No database effect was observed in our cohort. Contrarily, center effect was highlighted with an intra-class correlation coefficient at 0.03 and was taken into account as random-effect in mixed model. Indeed, the non-randomized design of studies concerning Macintosh blade size offers the possibility for clinician to select their “best or preferred blade size” or at least the one they are most comfortable with. The present design does not rule out the impact of specific clinicians who could have accounted for significant first-attempt failures (or success) in each center.

Finally, tracheal intubation, especially in difficult and urgent settings, requires high proficient skills that must be acquired during elective intubation such as in OR in simulated patients first [46]. A recent nationwide survey has found that VL are mainly used in case of DI in ICU [25] what could argue for larger VL use teaching programs, but not lefting behind fundamental DL through classical Macintosh blade.

Limitations

Our study has several limitations.

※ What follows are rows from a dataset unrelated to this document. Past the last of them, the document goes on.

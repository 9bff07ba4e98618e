-- ===== src/Publishing/Tests.antt =====
-- PublishingActions.tsx: instances of the theorems on concrete forms and states.
use stridetastic.Prelude.{ℕ, String, true, false, ◌≡◌, ◌⊎◌, refl, Option, none, some, List, [], ◌∷◌}
use stridetastic.Types.{Node}
use stridetastic.NodeSelection.{mqtt_node}
use stridetastic.Publishing.Json.{Number, nan}
use stridetastic.Publishing.Periodic.{base_payload, edit_form}
use stridetastic.Publishing.Jobs.{
  PeriodicForm, PeriodicPayload, PublisherPeriodicJob, initial_periodic_form, number_of,
}
use stridetastic.Publishing.Periodic.Roundtrip.{job_of, base_payload-edit_form}
use stridetastic.Publishing.Periodic.Pki.{
  FormState, FormUpdate, set_pki, set_name, set_channel_name, handle_edit_periodic_job,
}
use stridetastic.Publishing.Periodic.Pki.Laws.{update_all, set_pki_restores, set_pki_stale}
use stridetastic.Publishing.Periodic.Submit.{
  Reply, resolved, rejected, PeriodicState, source_candidates, is_virtual_restriction_active,
  handle_periodic_submit,
}
use stridetastic.Publishing.Periodic.Submit.Laws.{IsComplete, handle_periodic_submit-IsComplete}
use stridetastic.Publishing.OneShot.{start_decision, effective_channel_name, effective_channel_key}
use stridetastic.Publishing.Actions.{
  Publish, OneShotState, publish_text_message, send, text_message, TelemetryCategory,
}
use stridetastic.Publishing.OneShot.Laws.{generic_of, with_channel, start_decision_hides_channel}
use stridetastic.Publishing.Services.{initial_reactive_form}
use stridetastic.Publishing.Keepalive.{KeepaliveForm, keepalive_update, all_nodes, reachability}
use stridetastic.Publishing.Services.Laws.{IsRounded, keepalive_update-IsRounded}
use stridetastic.Publishing.Restriction.{restrict_periodic, restrict_reactive, restrict_one_shot}
use stridetastic.Publishing.Restriction.Laws.{accepts, restrict-accepts}

abbrev to_number : String → Number
to_number s = nan

abbrev node : String → Node
node node_id = record (mqtt_node "") { node_id = node_id }

abbrev nodes : List Node
nodes = node "!a" ∷ node "!b" ∷ []

abbrev selectable : List Node
selectable = node "!a" ∷ []

abbrev weather : PeriodicForm
weather = record initial_periodic_form {
  name = " Weather ";
  from_node = "!a";
  to_node = "!b";
  channel_name = "LongFast";
  payload_options = record initial_periodic_form.payload_options { message_text = "Rain" };
}

base_payload-edit_form_example :
    base_payload to_number (edit_form to_number (job_of 4 (base_payload to_number weather)))
    ≡ base_payload to_number weather
base_payload-edit_form_example = base_payload-edit_form to_number 4 weather refl

abbrev form_state : FormState
form_state = record { form = weather; prev_channel_name = none; prev_channel_key = none }

abbrev periodic_state : PeriodicState
periodic_state = record {
  form_state = form_state;
  jobs = [];
  loading = false;
  saving = false;
  deleting_id = none;
  toggling_id = none;
  toast = none;
}

abbrev save : Option ℕ → PeriodicPayload → Reply PublisherPeriodicJob
save id payload = resolved (job_of 4 payload)

abbrev refuse_save : Option ℕ → PeriodicPayload → Reply PublisherPeriodicJob
refuse_save id payload = rejected none

handle_periodic_submit-IsComplete_example :
    IsComplete (source_candidates nodes selectable) nodes (base_payload to_number weather)
    ⊎ (handle_periodic_submit to_number save (resolved []) nodes selectable periodic_state
        ≡ handle_periodic_submit to_number refuse_save
            (rejected none)
            nodes
            selectable
            periodic_state)
handle_periodic_submit-IsComplete_example =
    handle_periodic_submit-IsComplete to_number nodes selectable periodic_state save refuse_save
      (resolved []) (rejected none)

abbrev updates : List FormUpdate
updates = set_name "Rain" ∷ set_channel_name "Other" ∷ []

set_pki_restores_example :
    ((set_pki false (update_all updates (set_pki true form_state))).form.channel_name ≡ "LongFast")
    × ((set_pki false (update_all updates (set_pki true form_state))).form.channel_key ≡ "")
    × ((set_pki false (update_all updates (set_pki true form_state))).prev_channel_name ≡ none)
set_pki_restores_example = set_pki_restores updates form_state refl refl (refl, (refl, tt))

abbrev other_job : PublisherPeriodicJob
other_job = job_of 5 (base_payload to_number (record weather { channel_name = "Private" }))

set_pki_stale_example :
    ((set_pki false
        (handle_edit_periodic_job to_number other_job (set_pki true form_state))).form.channel_name
      ≡ "LongFast")
    × ((set_pki false
          (handle_edit_periodic_job to_number other_job (set_pki true form_state))).form.channel_key
        ≡ "")
set_pki_stale_example = set_pki_stale to_number other_job form_state refl refl

abbrev keepalive : KeepaliveForm
keepalive = record {
  enabled = true;
  payload_type = reachability;
  from_node = "!a";
  gateway_node = "";
  channel_name = "LongFast";
  channel_key = "";
  hop_limit = number_of 3;
  hop_start = number_of 3;
  interface_id = none;
  offline_after_minutes = number_of 0;
  check_interval_seconds = number_of 5;
  scope = all_nodes;
  selected_node_ids = [];
}

keepalive_update-IsRounded_example :
    IsRounded 60 60 (number_of 0) (keepalive_update keepalive).offline_after_seconds
    × IsRounded 30 1 (number_of 5) (keepalive_update keepalive).check_interval_seconds
keepalive_update-IsRounded_example = keepalive_update-IsRounded keepalive

abbrev one_shot : OneShotState
one_shot = record {
  selected_action = some text_message;
  is_configuring = true;
  toast = none;
  query = [];
  target_node = "!b";
  source_node = "!c";
  channel_name = "LongFast";
  gateway_node = "!a";
  channel_key = "";
  hop_limit = number_of 3;
  hop_start = number_of 3;
  want_ack = true;
  want_response = false;
  message_text = "Hello";
  pki_encrypted = true;
  prev_channel_name = none;
  prev_channel_key = none;
  short_name = "";
  long_name = "";
  hw_model = none;
  public_key = "";
  lat = none;
  lon = none;
  alt = none;
  telemetry_category = TelemetryCategory.device;
  telemetry_values = [];
  selected_interface_id = none;
  selected_channel = none;
}

abbrev greeting : Publish
greeting = publish_text_message (record {
  generic = record {
    from_node = "!c";
    to_node = "!b";
    channel_name = "PKI";
    gateway_node = some "!a";
    channel_key = "";
    hop_limit = number_of 3;
    hop_start = number_of 3;
    want_ack = true;
    interface_id = none;
  };
  message_text = "Hello";
  pki_encrypted = true;
})

sent : start_decision text_message one_shot ≡ send greeting
unfolding start_decision effective_channel_name effective_channel_key
sent = refl

start_decision_hides_channel_example :
    (start_decision text_message (with_channel "Private" "c2VjcmV0" one_shot) ≡ send greeting)
    × (((generic_of greeting).channel_name ≡ "PKI") × ((generic_of greeting).channel_key ≡ ""))
start_decision_hides_channel_example =
    start_decision_hides_channel text_message one_shot "Private" "c2VjcmV0" greeting refl sent

active : is_virtual_restriction_active nodes selectable ≡ true
unfolding is_virtual_restriction_active
active = refl

restrict-accepts_example :
    let candidates = source_candidates nodes selectable in
    let p = restrict_periodic nodes selectable weather in
    let r = restrict_reactive nodes selectable initial_reactive_form in
    let o = restrict_one_shot nodes selectable one_shot in
    (accepts candidates p.from_node p.gateway_node ≡ true)
    × ((accepts candidates r.from_node r.gateway_node ≡ true)
        × (accepts candidates o.source_node o.gateway_node ≡ true))
restrict-accepts_example =
    restrict-accepts nodes selectable weather initial_reactive_form one_shot active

First, due to the retrospective observational design, inherent reporting bias exist. However, the large cohort included, and the multiple settings might confer interesting data on intubation practices in French ICUs. Second, the wide period of included studies could have embedded changes in practices among clinicians. These changes could have impacted complications rates for examples (through the implementation of intubation protocols [12,13,14, 47], despite equivalent rates to published ones [5, 14, 15, 26]). Main outcome is very unlikely to have been impacted (first-attempt intubation success), since DL technic has not evolved. This might allow good confidence of this cohort with adequate representativity. Third, due to observational design, clinicians might have spontaneously chosen preferred blade size, the one they are more comfortable with and proficient, thus possibly overestimating success rates in comparison of randomly allocated Macintosh blades. Inter-individual variability among clinicians was not evaluated in our study due to inherent lack of information on individuals. Some clinicians might be more efficient than others at intubation gesture and may account for observed differences (or absence of difference). Fourth, variability due to center effects accounts for present results. Local habits influence working and technical rules in many fields, with either positive or negative impacts on patients’ care. Fifth, sample size estimation anticipated the inclusion of 2184 subjects. Present retrospective study has included 2139 intubations (45 occurrences missing) and lacks power. However, results from different IPTW models have provided differences in first-attempt success rates ranging between 7 and 12% (Table S8, Electronic supplementary material). New calculations would then conduct to the requirement of estimated sample sizes of 1180 and 368 patients, respectively. Finally, in missing data items more blade No4 were observed, especially related to Mallampati score which is often missing in non-cooperant ICU patients. The only way to eliminate these biases is to conduct large, randomized-controlled trials.

Conclusion

Endotracheal intubations are conducted millions of times each year worldwide, mainly upon DL. Present study is the first to date to have explored the impact of Macintosh blade size on success rates of first DL and intubation in ICU patients. In the present cohort, Macintosh blade No3 is associated with a higher first-pass intubation, but similar glottic views and complications rates, compared to blade No4. The present study will serve as a starting point, as a hypothesis generating study, to evaluate patients needed to design a future large scale randomized-controlled trial, and could help the interpretation of previously published trials on intubation with Macintosh blades.